Come to Terms with the Load

Let’s start with basic terminology used to describe electrical loads and how it relates to the capabilities of backup power sources. Loads can be defined in terms of real power and apparent power. Real power, measured in kilowatts (kW), is electrical energy provided by the source and consumed in the load; it can be thought of as power that produces useful work like pumping fluid against pressure or raising an elevator against the force of gravity. Apparent power, measured in kilo-volt-amperes (kVA), is the arithmetic product of voltage and current and represents the total current capacity that the source must have. The difference between these, reactive power (kVAR), creates the magnetic fields necessary for machines like motors and transformers to operate but is not converted to work or dissipated in the system. Power factor (PF), defined as the ratio of kW to kVA, is then a measure of how “efficiently” the system uses current-carrying capacity to provide useful power to the load.

This distinction is important to the standby power source. In a generator set, the engine produces real power, and must provide mechanical power output at least equal to the maximum load kW plus the losses in the alternator. The alternator converts mechanical power to electrical kW, but also supplies the reactive power component and must therefore have current-carrying capacity at least equal to the maximum kVA. In battery-based systems the battery stores energy and must be sized for the kW requirement and discharge duration, but the power electronics equipment (inverter) is rated on current-carrying capacity and must be able to provide the required kVA.

Another important distinction is between average and peak load. Average load determines the required energy storage capacity of a backup power source, such as fuel consumption for a generator set or discharge time of a battery bank. Peak load, on the other hand, determines equipment ratings: an engine must provide mechanical power output to supply the peak kW even if the average kW is only half that value. Likewise, an inverter must carry the peak kVA without overheating or shutting down regardless of the average value of the load. 

If planning to back up the entire load of an existing facility, you may be able to obtain the average load data from your electric utility. Utility bills report energy consumption in kilowatt hours (kWH) and average kW can be determined by dividing kWH usage over time by the time period. Beware, however, of using kW demand reported on utility bills as equivalent to peak kW for sizing the backup power source. Many utilities calculate kW demand by summing kWH over a set period, the demand interval, and dividing by that period.

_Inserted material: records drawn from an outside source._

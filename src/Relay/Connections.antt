-- ===== src/Relay/Connections.antt =====
-- relay/src/connection.rs: the connections of a relay. Readings of the clock are arguments;
-- `duration_since` gives 0 for a time in the future, as subtraction does.
pub mod Idle
use real_layer.Base.{
  ℕ, String, Bool, true, false, [], Option, none, some, Result, ok, err, Eq, ◌-◌, ◌==◌, nat_eq, leb,
  length, if◌then◌else◌,
}
use real_layer.Base.Map.{Map, get, insert, remove, contains_key, retain}

pub data ConnectionState : Type 0 where
  connecting ready closing closed : ConnectionState

pub record ConnectionRecord (P : Type 0) : Type 0 where
  pub peer_id : P
  pub state : ConnectionState
  pub created_at : ℕ
  pub last_activity : ℕ
  pub protocol_version : String

pub data ConnectionManagerError : Type 0 where
  limit duplicate : ConnectionManagerError

pub record ConnectionManager (P : Type 0) : Type 0 where
  pub records : Map P (ConnectionRecord P)
  pub maximum_connections : ℕ

module _ {P : Type 0} ⦃e : Eq P⦄ where
  unfoldable pub new_connections : ℕ → Result ConnectionManagerError (ConnectionManager P)
  new_connections maximum_connections =
      if maximum_connections == 0
      then err limit
      else ok (record { records = []; maximum_connections = maximum_connections })

  unfoldable pub new_record : (now : ℕ) → P → String → ConnectionRecord P
  new_record now peer_id protocol_version = record {
    peer_id = peer_id;
    state = ready;
    created_at = now;
    last_activity = now;
    protocol_version = protocol_version;
  }

  unfoldable pub establish :
      (now : ℕ)
      → P
      → (protocol_version : String) → ConnectionManager P
      → ConnectionManager P × Result ConnectionManagerError (Unit {0})
  unfolding new_record
  establish now peer_id protocol_version m =
      if contains_key peer_id m.records
      then (m, err duplicate)
      else if leb m.maximum_connections (length m.records)
      then (m, err limit)
      else (
        record m { records = insert peer_id (new_record now peer_id protocol_version) m.records },
        ok tt,
      )

  unfoldable pub touch : (now : ℕ) → P → ConnectionManager P → ConnectionManager P × Bool
  touch now peer_id m = elim (get peer_id m.records) [
    | none ↦ (m, false)
    | some r ↦
        (record m { records = insert peer_id (record r { last_activity = now }) m.records }, true)
  ]

  unfoldable pub close_connection : P → ConnectionManager P → ConnectionManager P × Bool
  close_connection peer_id m =
      (record m { records = remove peer_id m.records }, contains_key peer_id m.records)

  unfoldable pub is_busy : (idle_for now : ℕ) → ConnectionRecord P → Bool
  is_busy idle_for now r = leb (now - r.last_activity) idle_for

  unfoldable pub cleanup_idle : (idle_for now : ℕ) → ConnectionManager P → ConnectionManager P × ℕ
  cleanup_idle idle_for now m =
      let kept = retain (is_busy idle_for now) m.records in
      (record m { records = kept }, length m.records - length kept)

Thus reported peak demand is actually the highest average kW recorded over any demand interval, which may be as long as 15 minutes. If loads in your facility cycle on for periods of less than twice the demand interval, peak kW seen by your backup power source may exceed the utility’s reported peak demand.


All Loads are Not Created Equal

The next step is to categorize your loads based on their electrical characteristics. In a large system, such as a campus central power generation plant, load diversity may make this step unnecessary, but in most facilities it must be considered because different types of loads have different impacts on sizing of the backup power source. Two load categories that have significant impact on power supply sizing are large motors (or groups of small motors that start simultaneously) and “non-linear” loads such as uninterruptible power supplies (UPS) and VFDs.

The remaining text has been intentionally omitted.